Three hands, one behind the other. Each is holding a hanging strap of the kind that is designed to keep them stable when standing on public transport.

Five ways to make the most of your commute

For some, the commute to and from work draws a boundary that allows them to separate business from home life, and this was something that people really struggled with in the early stages of the pandemic. Even though the lack of morning commute was time-saving and welcome, many found it hard to switch off at the end of the day. And deep in our collective subconscious, we slowly began to mentally associate our home spaces, such as living rooms and even beds, as places of work. The concept (and excellent portmanteau) of ‘Coronasomnia’ was coined to describe the sleeplessness many suffered as the enforced discipline of the workday fell away. It was an unwelcome side effect of our metal grappling with the blurred line between where work ends and home life begins.

However, in many countries, a gentle return to the office has started. Maybe not all the time, but certainly enough to give pause for thought about what we loathed about the daily commute and what we can do differently – especially if it’s not going to be every day. Whether it’s a fifteen-minute walk or two hours on a train, this is the time where you enter and exit the work world – and what you do during this time can have a huge effect on how you feel and what you do afterwards. Whether that’s arriving at your desk or opening your front door. How about trying something a bit different?

Why not slow down?

When you have a destination, isn’t there always a sense of quietly willing yourself to be there faster? This is entirely understandable, especially if the weather is dreadful, or traffic atrocious. But what if you could build in a moment or two to slow down your commute. Is there an opportunity to stop and have a coffee? Not just grab one to take away but instead sit down and do a spot of people watching for ten minutes. Or is there a park you can take a short stroll around before heading into the office? The reason? Rushing is stressful. By giving yourself extra time each day to slow down, you’ll arrive at work – and home – in a far better place mentally.
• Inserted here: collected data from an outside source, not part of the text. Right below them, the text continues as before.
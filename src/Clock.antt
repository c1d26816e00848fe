-- ===== src/Clock.antt =====
-- clock.ml: a clock on an LCD that NTP sets. An `int` of OCaml has 31 bits; here it is not
-- negative, but for a difference of two readings of the clock, which is a pattern of 31 bits.
pub mod Time
pub mod Face
pub mod Ntp
mod Tests
use pico_ocaml.Prelude.{
  ℕ, ◌+◌, ◌-◌, ◌*◌, ◌/◌, ◌%◌, ◌^◌, Bool, true, false, ◌&&◌, ◌||◌, Option, none, some, zero, suc,
  List, [], ◌∷◌, ◌++◌, get_elem?, ltb, ◌==◌, if◌then◌else◌,
}
use pico_ocaml.Lcd.{Lcd, Calls, write_command, write_data, move_to, sleep_us}

abbrev utc_offset_hours : ℕ
utc_offset_hours = 1

-- Hours, minutes and seconds, from bytes 40 to 43 of the answer of an NTP server.
pub time_of : (b0 b1 b2 b3 : ℕ) → ℕ × ℕ × ℕ
time_of b0 b1 b2 b3 =
    let raw = b0 * 15616 + b1 * 65536 + b2 * 256 + b3 in
    let secs_of_day = raw % 86400 in
    let secs_wrapped = (secs_of_day + utc_offset_hours * 3600) % 86400 in
    (secs_wrapped / 3600, secs_wrapped % 3600 / 60, secs_wrapped % 60)

-- What is stored in `base_secs`.
pub base_of : ℕ × ℕ × ℕ → ℕ
base_of (h, m, s) = h * 3600 + m * 60 + s

-- `time_ms () - sm`, in 31 bits; both are numbers of at most 31 bits.
pub gap : (now sm : ℕ) → ℕ
gap now sm = (now + 2 ^ 31 - sm) % 2 ^ 31

-- `(bs + elapsed) mod 86400`, for a gap that is not negative
pub day_secs_at : (bs now sm : ℕ) → ℕ
unfolding gap
day_secs_at bs now sm = (bs + gap now sm / 1000) % 86400

abbrev min_bright : ℕ
min_bright = 7935

abbrev max_bright : ℕ
max_bright = 65535

pub backlight_of_time : (day_secs : ℕ) → ℕ
backlight_of_time day_secs =
    if ltb day_secs 21600
    then min_bright
    else if ltb day_secs 25200
    then min_bright + (day_secs - 21600) * 16
    else if ltb day_secs 75600
    then max_bright
    else if ltb day_secs 79200
    then max_bright - (day_secs - 75600) * 16
    else min_bright

-- The eight custom characters.
pub bitmaps : List ℕ
bitmaps =
    0x1F ∷ 0x1F ∷ 0x00 ∷ 0x00 ∷ 0x00 ∷ 0x00 ∷ 0x00 ∷ 0x00 ∷ 0x1F ∷ 0x1F ∷ 0x18 ∷ 0x18 ∷ 0x18 ∷ 0x18
    ∷ 0x18 ∷ 0x18 ∷ 0x18 ∷ 0x18 ∷ 0x18 ∷ 0x18 ∷ 0x18 ∷ 0x18 ∷ 0x18 ∷ 0x18 ∷ 0x18 ∷ 0x18 ∷ 0x18
    ∷ 0x18 ∷ 0x18 ∷ 0x18 ∷ 0x1F ∷ 0x1F ∷ 0x00 ∷ 0x00 ∷ 0x00 ∷ 0x00 ∷ 0x00 ∷ 0x00 ∷ 0x1F ∷ 0x1F
    ∷ 0x03 ∷ 0x03 ∷ 0x03 ∷ 0x03 ∷ 0x03 ∷ 0x03 ∷ 0x1F ∷ 0x1F ∷ 0x03 ∷ 0x03 ∷ 0x03 ∷ 0x03 ∷ 0x03
    ∷ 0x03 ∷ 0x03 ∷ 0x03 ∷ 0x1F ∷ 0x1F ∷ 0x03 ∷ 0x03 ∷ 0x03 ∷ 0x03 ∷ 0x03 ∷ 0x03 ∷ []

-- Ten digits of four rows with three characters: 0 to 7 are custom ones, 8 is a blank.
pub digits : List ℕ
digits =
    1 ∷ 0 ∷ 7 ∷ 2 ∷ 8 ∷ 6 ∷ 2 ∷ 8 ∷ 6 ∷ 3 ∷ 4 ∷ 5 ∷ 8 ∷ 8 ∷ 7 ∷ 8 ∷ 8 ∷ 6 ∷ 8 ∷ 8 ∷ 6 ∷ 8 ∷ 8 ∷ 6
    ∷ 1 ∷ 0 ∷ 7 ∷ 8 ∷ 8 ∷ 6 ∷ 1 ∷ 0 ∷ 0 ∷ 3 ∷ 4 ∷ 4 ∷ 1 ∷ 0 ∷ 7 ∷ 8 ∷ 8 ∷ 6 ∷ 8 ∷ 0 ∷ 7 ∷ 3 ∷ 4 ∷ 5
    ∷ 2 ∷ 8 ∷ 6 ∷ 3 ∷ 4 ∷ 5 ∷ 8 ∷ 8 ∷ 6 ∷ 8 ∷ 8 ∷ 6 ∷ 1 ∷ 0 ∷ 0 ∷ 3 ∷ 4 ∷ 4 ∷ 8 ∷ 8 ∷ 6 ∷ 3 ∷ 4 ∷ 5
    ∷ 1 ∷ 0 ∷ 7 ∷ 2 ∷ 8 ∷ 8 ∷ 1 ∷ 0 ∷ 7 ∷ 3 ∷ 4 ∷ 5 ∷ 1 ∷ 0 ∷ 7 ∷ 8 ∷ 8 ∷ 6 ∷ 8 ∷ 8 ∷ 6 ∷ 8 ∷ 8 ∷ 6
    ∷ 1 ∷ 0 ∷ 7 ∷ 3 ∷ 4 ∷ 5 ∷ 2 ∷ 8 ∷ 6 ∷ 3 ∷ 4 ∷ 5 ∷ 1 ∷ 0 ∷ 7 ∷ 3 ∷ 4 ∷ 5 ∷ 8 ∷ 8 ∷ 6 ∷ 3 ∷ 4 ∷ 5
    ∷ []

-- A run that makes calls, or is ended by an index outside an array.
infixl 5 ◌⨟◌
abbrev pub ◌⨟◌ : Option Calls → Option Calls → Option Calls
none ⨟ _ = none
some cs ⨟ none = none
some cs ⨟ some ds = some (cs ++ ds)

-- `for x = from to from + rounds - 1 do body x done`
pub for_from : (from rounds : ℕ) → (ℕ → Option Calls) → Option Calls
for_from from zero body = some []
for_from from (suc rounds) body = body from ⨟ for_from (from + 1) rounds body

-- One element of an array written to the display.
abbrev with_elem : List ℕ → ℕ → (ℕ → Calls) → Option Calls
with_elem xs i f = elim (get_elem? xs i) [ none ↦ none | some x ↦ some (f x) ]

-- `0x40 lor (i lsl 3)` is a sum, since `i` is less than eight.
pub load_custom_chars : Lcd → Option Calls
load_custom_chars lcd =
    for_from 0 8 (λ i.
      some (write_command lcd (64 + i * 8) ++ sleep_us 40)
      ⨟ for_from 0 8 (λ j. with_elem bitmaps (i * 8 + j) (λ x. write_data lcd x ++ sleep_us 40)))
    ⨟ some (move_to lcd 0 0)

-- A character of a digit.
abbrev pub segment : Lcd → ℕ → Calls
segment lcd seg = write_data lcd (if seg == 8 then 32 else seg)

pub display_digit : Lcd → (col digit : ℕ) → Option Calls
display_digit lcd col digit = for_from 0 4 λ row.
    some (move_to lcd col row)
    ⨟ for_from 0 3 (λ c. with_elem digits (digit * 12 + row * 3 + c) (segment lcd))

pub display_colon : Lcd → (col : ℕ) → (visible : Bool) → Option Calls
display_colon lcd col visible = for_from 0 4 λ row.
    some (
      move_to lcd col row
      ++ write_data lcd (if visible && (row == 1 || row == 2) then 0xA5 else 32))

-- What one round of `display_loop` writes to the display.
pub display_round : Lcd → (colon : Bool) → (day_secs : ℕ) → Option Calls
display_round lcd colon day_secs =
    let hours = day_secs / 3600 in
    let minutes = day_secs % 3600 / 60 in
    let seconds = day_secs % 60 in
    display_digit lcd 2 (hours / 10)
    ⨟ display_digit lcd 6 (hours % 10)
    ⨟ display_colon lcd 9 colon
    ⨟ display_digit lcd 10 (minutes / 10)
    ⨟ display_digit lcd 14 (minutes % 10)
    ⨟ some (
        move_to lcd 18 3
        ++ (write_data lcd (48 + seconds / 10) ++ write_data lcd (48 + seconds % 10)))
Two people in business clothing smile at each other as they cycle side by side past shops, a tree and some flowerbeds. Their bikes have brown baskets in the front.

Could you learn something new?

It’s a bit of a cliché, but good advice nonetheless: using the time you spend commuting in a productive way can actually make the time fly. And we don’t mean by working (although sometimes that can’t be helped), but by expanding your horizons in lots of different areas. Fancy learning a new language? Whether you’re driving or on public transport, it couldn’t be easier with so many excellent resources available. Perhaps you could explore new perspectives with an excellent podcast or two (we can heartily recommend our very own award-winning Shutter Stories if you’d like to immerse yourself in the world of photography and filmmaking!). Or a deep dive into a non-fiction or audiobook can open up a world of new ideas.

Are you a daydream believer?

Of course, this isn’t for the drivers, but perhaps ditching the car once in a while might allow you to let your mind wander into a world of positive daydreams. Studies of professional athletes, musicians and even surgeons have shown that a daydream that focuses on a positive outcome or goal can have incredible benefits for working life. Of course, it’s not all about work – a cheerful or meaningful daydreaming, however wacky, is proven to boost your mood and give you an increased sense of wellbeing. Think of it as letting your brain go on a little vacation every day. There is also strong supporting evidence to suggest that taking a pause to let your mind wander can help you to solve thorny problems and conceive new and creative approaches.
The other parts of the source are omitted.